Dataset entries
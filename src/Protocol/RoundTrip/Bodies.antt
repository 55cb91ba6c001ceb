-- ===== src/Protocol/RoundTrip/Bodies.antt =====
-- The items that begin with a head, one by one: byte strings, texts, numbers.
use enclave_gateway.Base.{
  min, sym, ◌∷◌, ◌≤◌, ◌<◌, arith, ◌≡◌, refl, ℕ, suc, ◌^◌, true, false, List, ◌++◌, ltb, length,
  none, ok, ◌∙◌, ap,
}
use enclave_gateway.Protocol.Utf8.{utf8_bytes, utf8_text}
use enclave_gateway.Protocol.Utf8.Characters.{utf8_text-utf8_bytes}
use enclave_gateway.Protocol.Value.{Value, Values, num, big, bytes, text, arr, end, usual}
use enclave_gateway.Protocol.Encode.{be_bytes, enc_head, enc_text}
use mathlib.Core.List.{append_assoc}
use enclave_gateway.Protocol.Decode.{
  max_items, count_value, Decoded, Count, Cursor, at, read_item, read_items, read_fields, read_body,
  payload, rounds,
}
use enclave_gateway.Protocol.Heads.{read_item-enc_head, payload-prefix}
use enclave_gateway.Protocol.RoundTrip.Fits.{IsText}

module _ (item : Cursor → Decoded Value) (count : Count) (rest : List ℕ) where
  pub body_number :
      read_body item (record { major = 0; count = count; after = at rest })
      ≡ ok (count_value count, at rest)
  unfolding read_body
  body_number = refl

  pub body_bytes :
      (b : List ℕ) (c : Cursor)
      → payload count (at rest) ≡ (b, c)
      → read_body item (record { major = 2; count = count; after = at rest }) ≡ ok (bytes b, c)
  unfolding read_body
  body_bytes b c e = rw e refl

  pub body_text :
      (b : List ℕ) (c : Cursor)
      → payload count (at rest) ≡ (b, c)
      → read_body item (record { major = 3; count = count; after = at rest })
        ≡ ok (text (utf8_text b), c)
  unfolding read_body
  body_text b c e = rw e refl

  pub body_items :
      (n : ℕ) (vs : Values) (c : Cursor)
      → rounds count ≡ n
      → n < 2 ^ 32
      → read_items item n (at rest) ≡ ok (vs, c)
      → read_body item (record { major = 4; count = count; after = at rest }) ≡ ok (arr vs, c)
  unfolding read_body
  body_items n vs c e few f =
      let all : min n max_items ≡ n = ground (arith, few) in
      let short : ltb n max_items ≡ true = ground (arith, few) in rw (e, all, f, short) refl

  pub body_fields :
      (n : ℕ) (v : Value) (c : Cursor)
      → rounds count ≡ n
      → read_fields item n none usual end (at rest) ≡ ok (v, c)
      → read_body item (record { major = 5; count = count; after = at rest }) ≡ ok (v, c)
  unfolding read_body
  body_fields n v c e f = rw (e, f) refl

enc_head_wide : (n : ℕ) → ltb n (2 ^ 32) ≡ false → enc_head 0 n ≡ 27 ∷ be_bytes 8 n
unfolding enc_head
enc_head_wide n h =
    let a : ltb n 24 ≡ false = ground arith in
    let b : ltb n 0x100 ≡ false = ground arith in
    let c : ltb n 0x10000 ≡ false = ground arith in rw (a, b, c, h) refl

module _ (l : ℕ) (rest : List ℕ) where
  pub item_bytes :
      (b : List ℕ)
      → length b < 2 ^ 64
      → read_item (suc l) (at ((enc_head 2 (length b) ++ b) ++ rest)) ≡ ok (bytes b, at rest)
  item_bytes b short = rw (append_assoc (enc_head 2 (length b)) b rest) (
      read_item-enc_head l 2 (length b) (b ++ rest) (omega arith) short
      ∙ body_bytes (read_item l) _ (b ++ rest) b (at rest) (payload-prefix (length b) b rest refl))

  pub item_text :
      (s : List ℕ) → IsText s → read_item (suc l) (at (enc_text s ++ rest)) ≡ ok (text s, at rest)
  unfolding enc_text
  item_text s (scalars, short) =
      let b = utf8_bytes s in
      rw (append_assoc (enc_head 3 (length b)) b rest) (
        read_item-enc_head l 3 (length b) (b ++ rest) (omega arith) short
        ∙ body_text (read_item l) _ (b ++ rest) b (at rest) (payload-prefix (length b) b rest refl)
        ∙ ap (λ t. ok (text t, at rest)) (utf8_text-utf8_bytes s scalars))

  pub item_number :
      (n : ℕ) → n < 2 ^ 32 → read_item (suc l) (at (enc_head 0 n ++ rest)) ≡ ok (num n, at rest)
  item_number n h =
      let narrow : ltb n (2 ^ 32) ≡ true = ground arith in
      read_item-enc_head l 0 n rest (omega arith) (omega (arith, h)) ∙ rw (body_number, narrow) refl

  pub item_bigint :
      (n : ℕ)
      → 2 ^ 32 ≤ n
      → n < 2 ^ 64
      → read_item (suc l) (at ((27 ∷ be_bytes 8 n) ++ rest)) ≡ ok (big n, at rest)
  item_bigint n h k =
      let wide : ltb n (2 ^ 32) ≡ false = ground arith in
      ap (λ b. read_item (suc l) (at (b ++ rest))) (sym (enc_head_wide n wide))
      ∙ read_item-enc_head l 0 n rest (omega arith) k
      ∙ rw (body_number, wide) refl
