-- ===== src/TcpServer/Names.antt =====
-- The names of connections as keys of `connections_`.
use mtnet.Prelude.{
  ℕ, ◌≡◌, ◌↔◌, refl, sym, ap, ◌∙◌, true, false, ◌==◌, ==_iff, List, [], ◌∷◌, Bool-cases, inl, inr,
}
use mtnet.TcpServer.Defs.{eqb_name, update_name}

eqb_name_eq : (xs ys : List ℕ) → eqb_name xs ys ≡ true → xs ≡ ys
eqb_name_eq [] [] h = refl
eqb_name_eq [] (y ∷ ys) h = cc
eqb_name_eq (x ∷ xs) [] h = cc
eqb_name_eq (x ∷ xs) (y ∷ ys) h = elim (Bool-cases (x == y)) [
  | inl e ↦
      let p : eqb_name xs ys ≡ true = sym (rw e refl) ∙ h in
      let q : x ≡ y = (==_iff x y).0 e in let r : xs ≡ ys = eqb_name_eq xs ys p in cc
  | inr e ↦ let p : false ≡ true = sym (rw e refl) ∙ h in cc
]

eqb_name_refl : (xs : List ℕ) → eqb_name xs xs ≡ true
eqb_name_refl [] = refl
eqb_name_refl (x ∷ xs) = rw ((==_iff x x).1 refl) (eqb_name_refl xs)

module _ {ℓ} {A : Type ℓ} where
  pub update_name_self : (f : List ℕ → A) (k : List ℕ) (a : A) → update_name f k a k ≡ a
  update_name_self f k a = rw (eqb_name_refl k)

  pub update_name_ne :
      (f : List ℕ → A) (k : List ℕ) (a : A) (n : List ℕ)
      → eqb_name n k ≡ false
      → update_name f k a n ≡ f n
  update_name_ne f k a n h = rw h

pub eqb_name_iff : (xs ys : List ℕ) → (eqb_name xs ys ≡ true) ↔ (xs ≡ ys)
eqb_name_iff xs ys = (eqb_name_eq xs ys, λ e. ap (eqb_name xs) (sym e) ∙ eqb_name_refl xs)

* _The problem_
Having located the line containing "n k ≡ false", set it down along with every line after it through the end of the data, reproducing each exactly.

* _Response box_
      → eqb_name n k ≡ false
      → update_name f k a n ≡ f n
  update_name_ne f k a n h = rw h

pub eqb_name_iff : (xs ys : List ℕ) → (eqb_name xs ys ≡ true) ↔ (xs ≡ ys)
eqb_name_iff xs ys = (eqb_name_eq xs ys, λ e. ap (eqb_name xs) (sym e) ∙ eqb_name_refl xs)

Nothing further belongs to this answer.